Records from a data collection:

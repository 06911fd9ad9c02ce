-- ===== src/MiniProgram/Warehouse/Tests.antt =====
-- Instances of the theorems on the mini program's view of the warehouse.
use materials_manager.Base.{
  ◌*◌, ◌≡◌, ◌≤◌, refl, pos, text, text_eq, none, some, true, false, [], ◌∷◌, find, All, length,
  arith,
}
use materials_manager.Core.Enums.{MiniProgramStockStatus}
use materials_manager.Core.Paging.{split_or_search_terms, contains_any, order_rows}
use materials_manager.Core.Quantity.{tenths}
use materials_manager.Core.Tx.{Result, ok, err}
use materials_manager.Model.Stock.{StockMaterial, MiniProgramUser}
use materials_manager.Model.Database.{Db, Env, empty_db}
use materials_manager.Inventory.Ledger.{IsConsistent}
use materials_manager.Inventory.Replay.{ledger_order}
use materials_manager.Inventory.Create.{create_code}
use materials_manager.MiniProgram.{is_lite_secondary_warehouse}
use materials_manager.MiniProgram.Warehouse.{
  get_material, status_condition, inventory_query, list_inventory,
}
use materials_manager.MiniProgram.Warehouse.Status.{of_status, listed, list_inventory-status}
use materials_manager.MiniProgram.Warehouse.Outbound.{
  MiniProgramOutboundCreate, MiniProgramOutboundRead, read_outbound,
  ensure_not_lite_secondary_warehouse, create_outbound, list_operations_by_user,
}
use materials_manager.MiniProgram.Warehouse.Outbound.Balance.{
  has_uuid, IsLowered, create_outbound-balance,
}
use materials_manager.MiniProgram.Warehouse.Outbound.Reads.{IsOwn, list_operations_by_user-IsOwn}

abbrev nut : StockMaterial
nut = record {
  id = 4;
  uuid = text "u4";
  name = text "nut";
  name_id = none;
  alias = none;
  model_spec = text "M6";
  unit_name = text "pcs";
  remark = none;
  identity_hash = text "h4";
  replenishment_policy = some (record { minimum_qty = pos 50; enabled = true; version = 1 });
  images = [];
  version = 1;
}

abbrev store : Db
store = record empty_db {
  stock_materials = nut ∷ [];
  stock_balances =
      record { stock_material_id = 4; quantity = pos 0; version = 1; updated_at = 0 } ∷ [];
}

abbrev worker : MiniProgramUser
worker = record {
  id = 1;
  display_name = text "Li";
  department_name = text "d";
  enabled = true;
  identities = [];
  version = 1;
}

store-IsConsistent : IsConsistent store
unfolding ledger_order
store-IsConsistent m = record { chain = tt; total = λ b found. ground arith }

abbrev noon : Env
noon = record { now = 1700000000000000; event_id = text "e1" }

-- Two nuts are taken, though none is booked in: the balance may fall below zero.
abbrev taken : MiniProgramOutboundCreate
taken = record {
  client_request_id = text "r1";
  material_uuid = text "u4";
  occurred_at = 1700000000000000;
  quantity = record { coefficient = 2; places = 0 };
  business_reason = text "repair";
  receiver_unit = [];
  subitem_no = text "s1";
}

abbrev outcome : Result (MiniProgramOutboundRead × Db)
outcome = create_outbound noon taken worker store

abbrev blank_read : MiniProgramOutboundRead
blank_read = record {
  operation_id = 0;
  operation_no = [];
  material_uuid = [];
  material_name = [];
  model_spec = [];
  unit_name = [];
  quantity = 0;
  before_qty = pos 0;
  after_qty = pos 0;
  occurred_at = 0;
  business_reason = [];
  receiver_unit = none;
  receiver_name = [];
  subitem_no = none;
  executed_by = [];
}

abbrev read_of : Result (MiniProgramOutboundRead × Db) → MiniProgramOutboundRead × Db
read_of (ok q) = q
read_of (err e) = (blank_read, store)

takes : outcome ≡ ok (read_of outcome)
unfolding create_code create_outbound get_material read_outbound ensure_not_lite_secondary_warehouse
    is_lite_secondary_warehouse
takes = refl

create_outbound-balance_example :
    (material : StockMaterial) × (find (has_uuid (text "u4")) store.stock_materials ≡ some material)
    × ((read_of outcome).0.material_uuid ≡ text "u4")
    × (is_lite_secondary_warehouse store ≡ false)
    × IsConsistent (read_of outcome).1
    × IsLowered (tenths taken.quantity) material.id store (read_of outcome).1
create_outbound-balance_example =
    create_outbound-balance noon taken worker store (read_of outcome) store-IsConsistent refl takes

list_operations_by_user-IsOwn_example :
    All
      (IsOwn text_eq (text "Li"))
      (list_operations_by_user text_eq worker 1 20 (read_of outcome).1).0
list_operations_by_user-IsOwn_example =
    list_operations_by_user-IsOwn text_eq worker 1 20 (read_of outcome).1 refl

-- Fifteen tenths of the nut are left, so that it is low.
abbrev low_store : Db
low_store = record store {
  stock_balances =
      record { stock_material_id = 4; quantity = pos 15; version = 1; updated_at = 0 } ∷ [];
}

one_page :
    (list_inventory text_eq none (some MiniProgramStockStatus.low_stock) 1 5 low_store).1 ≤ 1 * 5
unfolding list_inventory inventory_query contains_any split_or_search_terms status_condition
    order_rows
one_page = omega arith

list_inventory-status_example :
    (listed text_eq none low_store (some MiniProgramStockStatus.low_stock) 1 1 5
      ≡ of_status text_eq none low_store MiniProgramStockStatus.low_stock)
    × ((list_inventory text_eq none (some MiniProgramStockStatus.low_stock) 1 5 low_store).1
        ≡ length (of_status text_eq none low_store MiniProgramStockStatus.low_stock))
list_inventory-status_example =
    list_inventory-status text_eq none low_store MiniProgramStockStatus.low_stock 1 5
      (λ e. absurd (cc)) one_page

■ **WHAT IS REQUIRED**
Write out every entry word for word.

■ **SOLUTION**
repository 06911fd9ad9c02ce
-- ===== src/MiniProgram/Warehouse/Tests.antt =====
-- Instances of the theorems on the mini program's view of the warehouse.
use materials_manager.Base.{
  ◌*◌, ◌≡◌, ◌≤◌, refl, pos, text, text_eq, none, some, true, false, [], ◌∷◌, find, All, length,
  arith,
}
use materials_manager.Core.Enums.{MiniProgramStockStatus}
use materials_manager.Core.Paging.{split_or_search_terms, contains_any, order_rows}
use materials_manager.Core.Quantity.{tenths}
use materials_manager.Core.Tx.{Result, ok, err}
use materials_manager.Model.Stock.{StockMaterial, MiniProgramUser}
use materials_manager.Model.Database.{Db, Env, empty_db}
use materials_manager.Inventory.Ledger.{IsConsistent}
use materials_manager.Inventory.Replay.{ledger_order}
use materials_manager.Inventory.Create.{create_code}
use materials_manager.MiniProgram.{is_lite_secondary_warehouse}
use materials_manager.MiniProgram.Warehouse.{
  get_material, status_condition, inventory_query, list_inventory,
}
use materials_manager.MiniProgram.Warehouse.Status.{of_status, listed, list_inventory-status}
use materials_manager.MiniProgram.Warehouse.Outbound.{
  MiniProgramOutboundCreate, MiniProgramOutboundRead, read_outbound,
  ensure_not_lite_secondary_warehouse, create_outbound, list_operations_by_user,
}
use materials_manager.MiniProgram.Warehouse.Outbound.Balance.{
  has_uuid, IsLowered, create_outbound-balance,
}
use materials_manager.MiniProgram.Warehouse.Outbound.Reads.{IsOwn, list_operations_by_user-IsOwn}

abbrev nut : StockMaterial
nut = record {
  id = 4;
  uuid = text "u4";
  name = text "nut";
  name_id = none;
  alias = none;
  model_spec = text "M6";
  unit_name = text "pcs";
  remark = none;
  identity_hash = text "h4";
  replenishment_policy = some (record { minimum_qty = pos 50; enabled = true; version = 1 });
  images = [];
  version = 1;
}

abbrev store : Db
store = record empty_db {
  stock_materials = nut ∷ [];
  stock_balances =
      record { stock_material_id = 4; quantity = pos 0; version = 1; updated_at = 0 } ∷ [];
}

abbrev worker : MiniProgramUser
worker = record {
  id = 1;
  display_name = text "Li";
  department_name = text "d";
  enabled = true;
  identities = [];
  version = 1;
}

store-IsConsistent : IsConsistent store
unfolding ledger_order
store-IsConsistent m = record { chain = tt; total = λ b found. ground arith }

abbrev noon : Env
noon = record { now = 1700000000000000; event_id = text "e1" }

-- Two nuts are taken, though none is booked in: the balance may fall below zero.
abbrev taken : MiniProgramOutboundCreate
taken = record {
  client_request_id = text "r1";
  material_uuid = text "u4";
  occurred_at = 1700000000000000;
  quantity = record { coefficient = 2; places = 0 };
  business_reason = text "repair";
  receiver_unit = [];
  subitem_no = text "s1";
}

abbrev outcome : Result (MiniProgramOutboundRead × Db)
outcome = create_outbound noon taken worker store

abbrev blank_read : MiniProgramOutboundRead
blank_read = record {
  operation_id = 0;
  operation_no = [];
  material_uuid = [];
  material_name = [];
  model_spec = [];
  unit_name = [];
  quantity = 0;
  before_qty = pos 0;
  after_qty = pos 0;
  occurred_at = 0;
  business_reason = [];
  receiver_unit = none;
  receiver_name = [];
  subitem_no = none;
  executed_by = [];
}

abbrev read_of : Result (MiniProgramOutboundRead × Db) → MiniProgramOutboundRead × Db
read_of (ok q) = q
read_of (err e) = (blank_read, store)

takes : outcome ≡ ok (read_of outcome)
unfolding create_code create_outbound get_material read_outbound ensure_not_lite_secondary_warehouse
    is_lite_secondary_warehouse
takes = refl

create_outbound-balance_example :
    (material : StockMaterial) × (find (has_uuid (text "u4")) store.stock_materials ≡ some material)
    × ((read_of outcome).0.material_uuid ≡ text "u4")
    × (is_lite_secondary_warehouse store ≡ false)
    × IsConsistent (read_of outcome).1
    × IsLowered (tenths taken.quantity) material.id store (read_of outcome).1
create_outbound-balance_example =
    create_outbound-balance noon taken worker store (read_of outcome) store-IsConsistent refl takes

list_operations_by_user-IsOwn_example :
    All
      (IsOwn text_eq (text "Li"))
      (list_operations_by_user text_eq worker 1 20 (read_of outcome).1).0
list_operations_by_user-IsOwn_example =
    list_operations_by_user-IsOwn text_eq worker 1 20 (read_of outcome).1 refl

-- Fifteen tenths of the nut are left, so that it is low.
abbrev low_store : Db
low_store = record store {
  stock_balances =
      record { stock_material_id = 4; quantity = pos 15; version = 1; updated_at = 0 } ∷ [];
}

one_page :
    (list_inventory text_eq none (some MiniProgramStockStatus.low_stock) 1 5 low_store).1 ≤ 1 * 5
unfolding list_inventory inventory_query contains_any split_or_search_terms status_condition
    order_rows
one_page = omega arith

list_inventory-status_example :
    (listed text_eq none low_store (some MiniProgramStockStatus.low_stock) 1 1 5
      ≡ of_status text_eq none low_store MiniProgramStockStatus.low_stock)
    × ((list_inventory text_eq none (some MiniProgramStockStatus.low_stock) 1 5 low_store).1
        ≡ length (of_status text_eq none low_store MiniProgramStockStatus.low_stock))
list_inventory-status_example =
    list_inventory-status text_eq none low_store MiniProgramStockStatus.low_stock 1 5
      (λ e. absurd (cc)) one_page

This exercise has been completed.